UDP transfers data faster, with higher throughput and lower latency, than TCP, because UDP does not require the overhead that TCP does. UDP does not guarantee successful and proper delivery of the data you send, and if you send data in multiple packets, they may not arrive at the destination in the order you sent them. For more reliable network communication, you can use TCP.

What to Use

What to Do

  1. Create the following diagram in a VI targeted to the system that you want to receive data.

    Customize the gray sections for your unique programming goals.

    The UDP Open node opens a local UDP socket to send a datagram to a single receiver on the port or service name you specify. Make sure the port or service name you wire to UDP Open on the receiver matches the port or service name you write to from the sender.

    To send a single datagram to multiple receivers in parallel, known as multicast communication, useUDP Multicast Open instead of the standard UDP Open node, as shown in the following image.

    UDP multicast communication lowers network traffic compared to unicast communication, which must iterate through the list of clients. To receive data sent by a multicast sender, the sender broadcasts a multicast IP address. All receivers must join a multicast group by specifying the same multicast IP address. Multicast addresses are in the 224.0.0.0 to 239.255.255.255 range.

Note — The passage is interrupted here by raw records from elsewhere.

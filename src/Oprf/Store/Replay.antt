-- ===== src/Oprf/Store/Replay.antt =====
-- The cache of the envelopes that were seen.
use crisp_qes.Common.{
  ℕ, ◌≤◌, ◌≡◌, refl, sym, ap, Bool, true, false, not, ◌&&◌, ◌||◌, Option, none, some, List, [], ◌∷◌,
  ◌++◌, String, ltb, any, keep, bytes_eq_refl, arith, Bool-cases, inl, inr,
}
use crisp_qes.Common.Text.{Text}
use crisp_qes.Oprf.Store.{
  Store, EnrolledRow, ReplayRow, insert, kv_set, with_hash, record_p7s_hash_if_fresh,
  prune_p7s_replay_cache, increment_blind_eval_count, prune_blind_eval_counts, collides,
}

-- The cache has the hash, seen at `t` or later.
abbrev pub saw : List ℕ → ℕ → ReplayRow → Bool
saw h t r = with_hash h r && not (ltb r.seen_at t)

abbrev pub HasSeen : List ℕ → ℕ → Store → Type 0
HasSeen h t s = any (saw h t) s.p7s_replay_cache ≡ true

-- The statements that change a store. The replay cache is pruned of rows older than `bound` at most.
pub data Step (bound : ℕ) : Store → Store → Type 0 where
  inserted : (s s' : Store) (row : EnrolledRow) → insert s row ≡ some s' → Step bound s s'
  stamped : (s : Store) (key : String) (value : Text) → Step bound s (kv_set s key value)
  recorded : (s : Store) (h : List ℕ) (t : ℕ) → Step bound s (record_p7s_hash_if_fresh s h t).1
  pruned :
      (s : Store) (older_than : ℕ)
      → older_than ≤ bound
      → Step bound s (prune_p7s_replay_cache s older_than).1
  counted : (s : Store) (h : List ℕ) (t : ℕ) → Step bound s (increment_blind_eval_count s h t).1
  forgot : (s : Store) (older_than : ℕ) → Step bound s (prune_blind_eval_counts s older_than).1

pub data Steps (bound : ℕ) : Store → Store → Type 0 where
  done : (s : Store) → Steps bound s s
  next : {s s' s'' : Store} → Step bound s s' → Steps bound s' s'' → Steps bound s s''

any-append_last :
    (p : ReplayRow → Bool) (rows : List ReplayRow) (row : ReplayRow)
    → any p (rows ++ row ∷ []) ≡ any p rows || p row
any-append_last p [] row = ground arith
any-append_last p (r ∷ rows) row = ground (arith, any-append_last p rows row)

any-keep :
    (h : List ℕ) (t older_than : ℕ) (rows : List ReplayRow)
    → older_than ≤ t
    → any (saw h t) rows ≡ true
    → any (saw h t) (keep (λ (r : ReplayRow). not (ltb r.seen_at older_than)) rows) ≡ true
any-keep h t older_than [] le e = e
any-keep h t older_than (r ∷ rows) le e = ground (arith, any-keep h t older_than rows le)

any-weaken :
    (h : List ℕ) (t : ℕ) (rows : List ReplayRow)
    → any (saw h t) rows ≡ true
    → any (with_hash h) rows ≡ true
any-weaken h t [] e = e
any-weaken h t (r ∷ rows) e = ground (arith, any-weaken h t rows)

insert-cache :
    (s s' : Store) (row : EnrolledRow)
    → insert s row ≡ some s'
    → s.p7s_replay_cache ≡ s'.p7s_replay_cache
unfolding insert
insert-cache s s' row e = elim (Bool-cases (any (collides row) s.enrolled)) [
  | inl taken ↦ let f : none ≡ some s' = rw taken at e in cc
  | inr free ↦
      let f = rw free at e in
      ap (λ (o : Option Store). elim o [ some u ↦ u.p7s_replay_cache | none ↦ [] ]) f
]

Step-HasSeen : (h : List ℕ) (t : ℕ) (s s' : Store) → Step t s s' → HasSeen h t s → HasSeen h t s'
unfolding record_p7s_hash_if_fresh prune_p7s_replay_cache kv_set increment_blind_eval_count
    prune_blind_eval_counts
Step-HasSeen h t s s' (Step.inserted _ _ row e) seen = rw (sym (insert-cache s s' row e)) seen
Step-HasSeen h t s _ (Step.stamped _ key value) seen = seen
Step-HasSeen h t s _ (Step.recorded _ h' t') seen =
    elim (Bool-cases (any (with_hash h') s.p7s_replay_cache)) [
      | inl old ↦ rw old seen
      | inr fresh ↦
          rw
            (
              fresh,
              any-append_last (saw h t) s.p7s_replay_cache (record { p_hash = h'; seen_at = t' }),
              seen,
            )
            refl
    ]
Step-HasSeen h t s _ (Step.pruned _ older_than le) seen =
    any-keep h t older_than s.p7s_replay_cache le seen
Step-HasSeen h t s _ (Step.counted _ h' t') seen = seen
Step-HasSeen h t s _ (Step.forgot _ older_than) seen = seen

Steps-HasSeen : (h : List ℕ) (t : ℕ) (s s' : Store) → Steps t s s' → HasSeen h t s → HasSeen h t s'
Steps-HasSeen h t s s' (Steps.done _) seen = seen
Steps-HasSeen h t s s' (Steps.next {s' = u} step steps) seen =
    Steps-HasSeen h t u s' steps (Step-HasSeen h t s u step seen)

record-HasSeen :
    (s : Store) (h : List ℕ) (t : ℕ)
    → (record_p7s_hash_if_fresh s h t).0 ≡ true
    → HasSeen h t (record_p7s_hash_if_fresh s h t).1
unfolding record_p7s_hash_if_fresh
record-HasSeen s h t fresh = elim (Bool-cases (any (with_hash h) s.p7s_replay_cache)) [
  | inl old ↦ let e : false ≡ true = rw old at fresh in cc
  | inr missing ↦
      let row : ReplayRow = record { p_hash = h; seen_at = t } in
      rw (missing, any-append_last (saw h t) s.p7s_replay_cache row, bytes_eq_refl h) (ground arith)
]

-- An envelope that was recorded as new at `t` is refused later, and the store left alone, whatever
-- statements ran in between, as long as no pruning was of rows seen after `t`.
pub replay_refused :
    (s s' : Store) (h : List ℕ) (t later : ℕ)
    → (record_p7s_hash_if_fresh s h t).0 ≡ true
    → Steps t (record_p7s_hash_if_fresh s h t).1 s'
    → record_p7s_hash_if_fresh s' h later ≡ (false, s')
unfolding record_p7s_hash_if_fresh
replay_refused s s' h t later fresh steps =
    let seen = Steps-HasSeen h t _ s' steps (record-HasSeen s h t fresh) in
    rw (any-weaken h t s'.p7s_replay_cache seen) refl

    UDP Read nodes read from the socket. If the sender sends multiple datagrams to the receiver before the read operation occurs, UDP Read reads only the latest datagram.
    You can display the data you receive from the sender on the UI of the receiver or further process the data locally.
    After you close the UDP socket, you can no longer send or receive data on the specified port until you reopen the socket. Make sure you no longer want to send or receive data before you close the socket.
  2. Create the following diagram in a VI targeted to the system that you want to send data.

    Customize the gray sections for your unique programming goals.

    The UDP Open node opens a local UDP socket to send a datagram to a single receiver on the port or service name you specify.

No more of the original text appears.